Akinfunde also decried the faulty recruitment process in the steel industries, saying this contributed to the problems of government agencies.
The Dean noted that EMDI was established to “promote engineering equipment development and that they started very well but it was later discovered that the staff were not being paid and the Directors were not doing their job with effectiveness.
In his recommendations, he suggested that the Federal Government should reevaluate EMDI and other companies in the steel industry in the country, adding that professionals, capable of running them should be put in charge and not people recruited based on political affiliation.
In addition, Akintunde stressed that Nigeria must start producing her needs instead of importing from other countries.
“But as long as the government is buying parts from other countries, it will continue to kill our company and economy and if they continue to borrow from other countries, they will continue to dictate what should be done to them,” he concluded.
The EMDI is one of the agencies under the Federal Ministry of Science and Technology, charged with transforming scientific engineering materials and technological know-how in the country
A source in EMDI Akure told The Hope that the company has not been operational since the coronavirus pandemic broke out because the staff from Grade level 1 to 12 had been asked to stay away from the office.
The source added that even before the pandemic, the company had not been working in full capacity as it should because the production section was short of skilled personnel.
The source revealed to The Hope that with the machines available at EMDI, Akure, Nigerians should be driving home-made vehicles but due to lack of political will, shortage of staff, corruption and lack of seriousness on the part of the government, the company had not been functioning in full capacity.
“Grade level 12 down to level 1 are not going to work. Nobody is in the office currently, except the senior staff. The Nigerian government is not sensible. If we produce things on our own, it would have been better.
“There are plenty machines in that company that are not being used. Some of those machines are capable of making cars, car parts and other equipment made of steel.
If you enter our office (EMDI), you will just open mouth and wonder what is wrong with this country. They bought the machines but are not using them.

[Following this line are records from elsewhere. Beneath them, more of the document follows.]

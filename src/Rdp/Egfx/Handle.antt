-- ===== src/Rdp/Egfx/Handle.antt =====
-- rdp-sidecar/src/egfx.rs: `traiter`, and `process` on a segment. The decompression is ironrdp's.
use avash.Base.{
  ℕ, ◌+◌, ◌-◌, ◌%◌, ◌^◌, Bool, not, ◌&&◌, Option, none, some, List, [], ◌∷◌, length, ltb, leb, ◌==◌,
  if◌then◌else◌,
}
use avash.Base.Text.{Bytes}
use avash.Base.Table.{find, put, delete, map_values, is_some, weight_of}
use avash.Rdp.Surface.{new_surface}
use avash.Rdp.Cache.{empty, forget}
use avash.Rdp.Progressive.Decoder.{Canvas, new_work}
use avash.Rdp.Egfx.Pdu.{indexed, u16_at, u32_at, Pdu, split, frame_acknowledge}
use avash.Rdp.Egfx.State.{
  Codecs, Egfx, size_max, surfaces_max, surface_octets_max, octets_of, weight,
}
use avash.Rdp.Egfx.Commands.{
  solid_fill, surface_to_surface, surface_to_cache, cache_to_surface, decode_surface,
  wire_to_surface,
}

abbrev pub is_size : ℕ → ℕ → Bool
is_size l h = ltb 0 l && ltb 0 h && leb l size_max && leb h size_max

abbrev pub new_canvas : ℕ → ℕ → Canvas
new_canvas l h = record { surface = new_surface l h; tiles = [] }

abbrev pub without_tiles : Canvas → Canvas
without_tiles c = record c { tiles = [] }

module _ (codecs : Codecs) where
  -- `nouveau`, with the states that ironrdp's decoders begin with.
  unfoldable pub new_egfx : codecs.Clear → codecs.Planar → Egfx codecs
  new_egfx clear planar = record {
    surfaces = [];
    surface_octets = 0;
    output = record { frames = []; published = 0 };
    size = none;
    cache = empty;
    clear = clear;
    clear_decodings = 0;
    planar = planar;
    origins = [];
    work = new_work;
    frames_decoded = 0;
  }

  -- `CMD_CREATE_SURFACE`
  unfoldable pub create_surface : Egfx codecs → Bytes → Option (Egfx codecs)
  unfolding find put new_surface
  create_surface e c =
      let id = u16_at c 0 in
      let l = u16_at c 2 in
      let h = u16_at c 4 in
      let old = weight_of weight (find e.surfaces id) in
      let after = e.surface_octets - old + octets_of l h in
      indexed 6 c (
        if not (is_size l h)
        then some e
        else if ltb e.surface_octets old
        then none
        else if not (is_some (find e.surfaces id)) && leb surfaces_max (length e.surfaces)
        then some e
        else if ltb surface_octets_max after
        then some e
        else some
            (record e { surface_octets = after; surfaces = put e.surfaces id (new_canvas l h) }))

  -- `CMD_DELETE_SURFACE`
  unfoldable pub delete_surface : Egfx codecs → Bytes → Option (Egfx codecs)
  unfolding find delete
  delete_surface e c =
      let id = u16_at c 0 in
      let old = weight_of weight (find e.surfaces id) in
      indexed 2 c (
        if ltb e.surface_octets old
        then none
        else some (record e {
          surfaces = delete e.surfaces id;
          surface_octets = e.surface_octets - old;
          origins = delete e.origins id;
        }))

  -- `CMD_MAP_SURFACE_TO_OUTPUT`
  unfoldable pub map_surface : Egfx codecs → Bytes → Option (Egfx codecs)
  unfolding put
  map_surface e c = indexed 12 c (
      if ltb (u32_at c 4) 65536 && ltb (u32_at c 8) 65536
      then some (record e { origins = put e.origins (u16_at c 0) (u32_at c 4, u32_at c 8) })
      else some e)

  -- `CMD_RESET_GRAPHICS`
  unfoldable pub reset_graphics : Egfx codecs → Bytes → Option (Egfx codecs)
  unfolding map_values
  reset_graphics e c =
      let e' : Egfx codecs =
        if is_size (u32_at c 0) (u32_at c 4)
        then record e { size = some (u32_at c 0, u32_at c 4) }
        else e in
      indexed 8 c (some (record e' { surfaces = map_values without_tiles e'.surfaces }))

  -- `CMD_EVICT_CACHE_ENTRY`
  unfoldable pub evict : Egfx codecs → Bytes → Option (Egfx codecs)
  unfolding forget
  evict e c = indexed 2 c (some (record e { cache = forget e.cache (u16_at c 0) }))

  abbrev pub quiet : Option (Egfx codecs) → Option (Egfx codecs × Option Bytes)
  quiet none = none
  quiet (some e) = some (e, none)

  -- `CMD_END_FRAME`
  unfoldable pub end_frame : Egfx codecs → Bytes → Option (Egfx codecs × Option Bytes)
  unfolding frame_acknowledge
  end_frame e c =
      let n = (e.frames_decoded + 1) % 2 ^ 32 in
      indexed 4 c (some (record e { frames_decoded = n }, some (frame_acknowledge (u32_at c 0) n)))

  -- `traiter`: the state and the answer; a message that is too short does nothing.
  unfoldable pub handle : Egfx codecs → Pdu → Option (Egfx codecs × Option Bytes)
  unfolding create_surface delete_surface map_surface reset_graphics end_frame solid_fill
      surface_to_surface surface_to_cache cache_to_surface decode_surface wire_to_surface evict
  handle e p =
      let c = p.charge in
      let has = λ (n : ℕ). leb n (length c) in
      if p.id == 0x09 && has 7
      then quiet (create_surface e c)
      else if p.id == 0x0a && has 2
      then quiet (delete_surface e c)
      else if p.id == 0x0f && has 12
      then quiet (map_surface e c)
      else if p.id == 0x0e && has 8
      then quiet (reset_graphics e c)
      else if p.id == 0x01 && has 18
      then quiet (wire_to_surface codecs e c)
      else if p.id == 0x02 && has 14
      then quiet (decode_surface codecs e c)
      else if p.id == 0x04 && has 8
      then quiet (solid_fill codecs e c)
      else if p.id == 0x05 && has 14
      then quiet (surface_to_surface codecs e c)
      else if p.id == 0x06 && has 20
      then quiet (surface_to_cache codecs e c)
      else if p.id == 0x07 && has 6
      then quiet (cache_to_surface codecs e c)
      else if p.id == 0x08 && has 2
      then quiet (evict e c)
      else if p.id == 0x0c && has 4
      then end_frame e c
      else some (e, none)

  abbrev pub answered : Option Bytes → List Bytes → List Bytes
  answered none rest = rest
  answered (some b) rest = b ∷ rest

  -- The loop of `process` over the messages of a segment.
  unfoldable pub handle_all : Egfx codecs → List Pdu → Option (Egfx codecs × List Bytes)
  unfolding handle
  handle_all e [] = some (e, [])
  handle_all e (p ∷ ps) = elim (handle e p) [
    | none ↦ none
    | some (e', answer) ↦ elim (handle_all e' ps) as (λ _. Option (Egfx codecs × List Bytes)) [
      | none ↦ none
      | some (e'', answers) ↦ some (e'', answered answer answers)
    ]
  ]

  abbrev pub handle_some : Egfx codecs → Option (List Pdu) → Option (Egfx codecs × List Bytes)
  handle_some e none = none
  handle_some e (some ps) = handle_all e ps

  -- `process`, from what the decompression of the segment gives; `none` there is a failure or a panic.
  unfoldable pub process : Egfx codecs → Option Bytes → Option (Egfx codecs × List Bytes)
  unfolding split handle_all
  process e segment =
      let e' : Egfx codecs = record e { output = record e.output { published = 0 } } in
      elim segment [ none ↦ some (e', []) | some clear ↦ handle_some e' (split clear) ]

Some even got spoilt due to lack of use.
“We have gear cutter, machines that can cut head pan, spade and other metal tools and there four fatical mini machines that can make block engine for vehicles. We only need to put the moulds and they produce block engines themselves,” he said.
The source also revealed that there are machines that can also make bullet proof, iron melter, pattern maker and road engineers did come to the EMDI for training.
As regards manpower, the source revealed to The Hope that only few personnel work in the foundry section and this makes their productivity very low because they could not do beyond their capacity and they would get tired quickly due to the heat in the factory.
He said this made the company lose certain contracts, especially when they were to produce 6,000 brake pads for the railway corporation.
“There was a time we got a contract from the Nigerian Railway Corporation that we should produce 6,000 brake pads for trains. We produced a sample and gave them and they liked it. They then requested we produced 6, 000 pieces for them. That was the last time we went there.
When asked why, he said, the staff in the foundry, if you want to over use them, they cannot produce more than 1,000 pieces in a month. If they produce 1,000 in a month, some of them may break down because of the head there and the stress.
The Hope gathered that despite the efforts of the former Directors- General of the institutes in Nigeria to ensure they are adequately developed and functional, those in the helms of affairs had frustrated the efforts.
It was also gathered that cases of corruption allegations were leveled against some top officers of the institute, part of which contributed to the unfortunate state of the institute.